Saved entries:

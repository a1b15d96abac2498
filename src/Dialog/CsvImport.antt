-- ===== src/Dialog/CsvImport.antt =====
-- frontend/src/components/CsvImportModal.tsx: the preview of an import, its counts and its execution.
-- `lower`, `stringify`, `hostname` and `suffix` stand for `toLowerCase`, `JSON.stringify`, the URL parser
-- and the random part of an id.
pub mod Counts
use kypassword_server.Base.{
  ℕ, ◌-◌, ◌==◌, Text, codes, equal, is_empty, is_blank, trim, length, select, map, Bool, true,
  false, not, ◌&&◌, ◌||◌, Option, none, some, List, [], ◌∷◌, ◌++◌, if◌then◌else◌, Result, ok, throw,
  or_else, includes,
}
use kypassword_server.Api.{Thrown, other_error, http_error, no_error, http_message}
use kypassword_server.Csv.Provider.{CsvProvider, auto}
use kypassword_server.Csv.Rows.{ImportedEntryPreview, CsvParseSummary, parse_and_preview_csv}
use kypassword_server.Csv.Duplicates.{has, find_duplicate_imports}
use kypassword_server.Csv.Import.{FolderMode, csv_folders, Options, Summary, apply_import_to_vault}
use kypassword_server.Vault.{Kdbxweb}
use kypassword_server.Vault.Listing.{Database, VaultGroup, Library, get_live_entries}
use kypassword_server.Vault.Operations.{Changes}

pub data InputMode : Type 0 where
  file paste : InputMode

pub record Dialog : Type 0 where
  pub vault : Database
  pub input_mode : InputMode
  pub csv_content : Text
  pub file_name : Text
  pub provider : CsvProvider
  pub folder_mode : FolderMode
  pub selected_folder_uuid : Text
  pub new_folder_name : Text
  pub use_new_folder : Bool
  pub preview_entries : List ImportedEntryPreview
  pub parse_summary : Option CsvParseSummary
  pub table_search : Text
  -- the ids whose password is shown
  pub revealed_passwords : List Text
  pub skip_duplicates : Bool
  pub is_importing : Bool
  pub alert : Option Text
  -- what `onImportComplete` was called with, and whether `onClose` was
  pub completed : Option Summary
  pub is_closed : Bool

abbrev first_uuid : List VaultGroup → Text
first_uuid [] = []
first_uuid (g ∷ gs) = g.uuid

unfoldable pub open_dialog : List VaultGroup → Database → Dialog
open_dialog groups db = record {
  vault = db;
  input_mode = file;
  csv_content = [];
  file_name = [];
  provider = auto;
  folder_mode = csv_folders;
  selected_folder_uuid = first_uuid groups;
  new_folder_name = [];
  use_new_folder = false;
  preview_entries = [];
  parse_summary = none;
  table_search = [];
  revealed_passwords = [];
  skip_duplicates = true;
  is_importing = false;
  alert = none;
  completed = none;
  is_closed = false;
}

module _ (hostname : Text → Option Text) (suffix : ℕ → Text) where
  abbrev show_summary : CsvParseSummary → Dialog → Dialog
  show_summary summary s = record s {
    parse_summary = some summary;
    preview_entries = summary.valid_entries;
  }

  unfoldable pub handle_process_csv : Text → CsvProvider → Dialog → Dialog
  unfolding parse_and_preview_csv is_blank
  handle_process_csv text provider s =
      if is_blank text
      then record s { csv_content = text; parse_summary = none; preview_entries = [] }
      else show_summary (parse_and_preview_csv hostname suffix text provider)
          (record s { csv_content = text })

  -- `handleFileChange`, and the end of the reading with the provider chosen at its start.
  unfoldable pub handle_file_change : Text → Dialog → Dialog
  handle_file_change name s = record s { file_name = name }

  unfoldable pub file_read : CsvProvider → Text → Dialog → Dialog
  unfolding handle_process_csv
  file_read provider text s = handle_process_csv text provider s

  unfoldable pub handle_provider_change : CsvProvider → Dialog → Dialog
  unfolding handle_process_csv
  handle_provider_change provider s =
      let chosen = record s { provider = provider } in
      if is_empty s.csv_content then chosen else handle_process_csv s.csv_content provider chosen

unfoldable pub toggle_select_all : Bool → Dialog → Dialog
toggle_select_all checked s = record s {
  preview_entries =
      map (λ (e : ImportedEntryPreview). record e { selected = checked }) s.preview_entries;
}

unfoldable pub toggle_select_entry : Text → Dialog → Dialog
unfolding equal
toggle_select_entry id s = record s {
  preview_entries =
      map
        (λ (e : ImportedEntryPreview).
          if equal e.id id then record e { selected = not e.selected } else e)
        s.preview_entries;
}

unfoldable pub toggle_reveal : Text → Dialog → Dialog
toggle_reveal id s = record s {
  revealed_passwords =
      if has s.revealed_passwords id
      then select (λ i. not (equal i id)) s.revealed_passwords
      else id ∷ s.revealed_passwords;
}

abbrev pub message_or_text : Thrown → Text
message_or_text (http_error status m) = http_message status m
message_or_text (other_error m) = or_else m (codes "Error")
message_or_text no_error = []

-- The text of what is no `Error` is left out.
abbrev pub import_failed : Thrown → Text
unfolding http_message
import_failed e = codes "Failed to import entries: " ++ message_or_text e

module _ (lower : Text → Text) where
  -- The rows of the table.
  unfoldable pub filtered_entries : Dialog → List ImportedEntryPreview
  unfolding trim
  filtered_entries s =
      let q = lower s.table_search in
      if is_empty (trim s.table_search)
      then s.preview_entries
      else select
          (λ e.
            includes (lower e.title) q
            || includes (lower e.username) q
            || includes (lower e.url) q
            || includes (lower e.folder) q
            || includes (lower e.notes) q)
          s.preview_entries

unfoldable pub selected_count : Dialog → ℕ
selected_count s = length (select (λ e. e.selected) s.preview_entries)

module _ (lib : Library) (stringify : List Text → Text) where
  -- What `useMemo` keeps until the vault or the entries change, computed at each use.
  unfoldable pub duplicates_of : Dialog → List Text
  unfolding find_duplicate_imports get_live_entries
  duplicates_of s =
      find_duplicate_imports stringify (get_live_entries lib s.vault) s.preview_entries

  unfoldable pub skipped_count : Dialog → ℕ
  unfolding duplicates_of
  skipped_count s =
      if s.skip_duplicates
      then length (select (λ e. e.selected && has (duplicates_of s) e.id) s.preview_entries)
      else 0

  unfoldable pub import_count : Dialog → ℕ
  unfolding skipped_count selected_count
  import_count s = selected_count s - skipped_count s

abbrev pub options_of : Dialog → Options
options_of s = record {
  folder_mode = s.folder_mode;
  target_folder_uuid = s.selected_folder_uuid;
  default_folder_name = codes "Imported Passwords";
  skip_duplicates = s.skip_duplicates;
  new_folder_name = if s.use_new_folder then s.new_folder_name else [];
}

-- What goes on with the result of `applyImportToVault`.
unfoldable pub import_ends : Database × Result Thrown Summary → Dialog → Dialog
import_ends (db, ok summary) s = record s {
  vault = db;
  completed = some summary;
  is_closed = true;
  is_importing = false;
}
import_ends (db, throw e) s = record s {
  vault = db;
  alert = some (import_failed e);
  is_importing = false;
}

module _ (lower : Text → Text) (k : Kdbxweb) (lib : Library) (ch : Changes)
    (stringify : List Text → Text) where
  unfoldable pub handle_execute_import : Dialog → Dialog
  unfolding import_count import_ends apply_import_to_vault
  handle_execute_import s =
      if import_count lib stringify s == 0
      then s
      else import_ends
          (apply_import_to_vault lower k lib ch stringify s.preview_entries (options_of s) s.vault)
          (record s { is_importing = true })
* * *
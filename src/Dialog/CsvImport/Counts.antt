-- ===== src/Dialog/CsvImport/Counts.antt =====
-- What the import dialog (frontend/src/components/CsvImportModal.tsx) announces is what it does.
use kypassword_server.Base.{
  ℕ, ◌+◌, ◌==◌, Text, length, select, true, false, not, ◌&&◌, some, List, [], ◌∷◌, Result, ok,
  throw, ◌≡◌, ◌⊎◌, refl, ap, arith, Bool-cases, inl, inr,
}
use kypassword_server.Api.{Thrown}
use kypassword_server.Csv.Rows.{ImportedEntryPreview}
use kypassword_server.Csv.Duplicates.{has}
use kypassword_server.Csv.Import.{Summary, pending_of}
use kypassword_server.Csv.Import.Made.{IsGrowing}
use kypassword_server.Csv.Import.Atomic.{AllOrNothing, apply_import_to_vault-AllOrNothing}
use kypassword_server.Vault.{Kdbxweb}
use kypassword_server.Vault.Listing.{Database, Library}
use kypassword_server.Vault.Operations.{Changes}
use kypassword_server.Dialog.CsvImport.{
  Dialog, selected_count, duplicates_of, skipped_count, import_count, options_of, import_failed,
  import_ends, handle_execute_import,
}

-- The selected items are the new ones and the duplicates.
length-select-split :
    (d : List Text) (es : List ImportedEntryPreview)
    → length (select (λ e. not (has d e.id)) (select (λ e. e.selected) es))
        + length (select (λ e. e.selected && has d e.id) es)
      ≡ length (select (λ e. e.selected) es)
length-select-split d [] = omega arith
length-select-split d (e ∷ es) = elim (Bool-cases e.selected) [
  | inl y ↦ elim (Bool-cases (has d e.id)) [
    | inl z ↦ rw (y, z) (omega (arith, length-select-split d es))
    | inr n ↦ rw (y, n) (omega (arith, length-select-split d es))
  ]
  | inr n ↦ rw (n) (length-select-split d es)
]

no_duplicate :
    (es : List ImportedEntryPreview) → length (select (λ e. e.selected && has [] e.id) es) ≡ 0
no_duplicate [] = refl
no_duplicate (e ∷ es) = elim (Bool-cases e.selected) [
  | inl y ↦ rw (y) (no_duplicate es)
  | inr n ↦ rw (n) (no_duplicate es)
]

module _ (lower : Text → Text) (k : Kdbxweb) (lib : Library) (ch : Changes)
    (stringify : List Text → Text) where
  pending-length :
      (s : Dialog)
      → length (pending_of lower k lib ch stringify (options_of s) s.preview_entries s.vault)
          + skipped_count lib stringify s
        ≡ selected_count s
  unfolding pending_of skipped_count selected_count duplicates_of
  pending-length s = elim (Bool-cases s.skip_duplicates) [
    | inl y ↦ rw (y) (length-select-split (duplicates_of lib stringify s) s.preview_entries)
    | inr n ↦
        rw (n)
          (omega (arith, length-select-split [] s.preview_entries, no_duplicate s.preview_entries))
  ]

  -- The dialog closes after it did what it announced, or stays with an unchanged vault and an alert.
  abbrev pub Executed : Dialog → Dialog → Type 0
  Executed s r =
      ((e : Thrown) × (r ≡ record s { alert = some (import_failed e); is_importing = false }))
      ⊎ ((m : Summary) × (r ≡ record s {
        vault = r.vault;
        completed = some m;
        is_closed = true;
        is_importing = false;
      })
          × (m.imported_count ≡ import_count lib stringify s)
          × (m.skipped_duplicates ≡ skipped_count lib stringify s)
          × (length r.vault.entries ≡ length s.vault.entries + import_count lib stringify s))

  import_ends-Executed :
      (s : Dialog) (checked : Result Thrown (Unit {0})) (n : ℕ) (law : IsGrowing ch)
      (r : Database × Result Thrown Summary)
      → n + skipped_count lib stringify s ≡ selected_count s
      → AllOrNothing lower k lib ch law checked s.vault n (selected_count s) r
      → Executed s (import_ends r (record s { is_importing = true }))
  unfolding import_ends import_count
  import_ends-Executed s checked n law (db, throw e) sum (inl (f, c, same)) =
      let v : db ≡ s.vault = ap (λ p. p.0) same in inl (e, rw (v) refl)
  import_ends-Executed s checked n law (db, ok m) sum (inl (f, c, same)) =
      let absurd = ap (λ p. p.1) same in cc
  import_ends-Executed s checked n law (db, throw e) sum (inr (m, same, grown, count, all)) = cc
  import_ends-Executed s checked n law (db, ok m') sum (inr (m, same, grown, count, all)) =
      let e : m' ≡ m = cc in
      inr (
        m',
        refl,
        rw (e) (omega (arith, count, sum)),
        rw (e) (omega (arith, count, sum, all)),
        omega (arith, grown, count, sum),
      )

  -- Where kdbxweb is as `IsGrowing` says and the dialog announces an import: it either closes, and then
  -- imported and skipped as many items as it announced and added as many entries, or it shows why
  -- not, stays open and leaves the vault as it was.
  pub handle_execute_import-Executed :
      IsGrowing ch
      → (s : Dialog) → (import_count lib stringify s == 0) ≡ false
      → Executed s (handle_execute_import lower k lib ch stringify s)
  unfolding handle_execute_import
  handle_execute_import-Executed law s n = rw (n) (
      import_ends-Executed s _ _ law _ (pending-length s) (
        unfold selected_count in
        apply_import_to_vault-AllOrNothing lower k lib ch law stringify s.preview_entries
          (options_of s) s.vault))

- _Directions for this task_
When the line with "repository a1b15d96abac2498" is reached in the data above, begin copying, and stop after the line with "-- frontend/src/components/CsvImportModal.tsx: the"; copy each line exactly, both ends included.

- _The answer_
repository a1b15d96abac2498
filename src/Dialog/CsvImport.antt
-- ===== src/Dialog/CsvImport.antt =====
-- frontend/src/components/CsvImportModal.tsx: the preview of an import, its counts and its execution.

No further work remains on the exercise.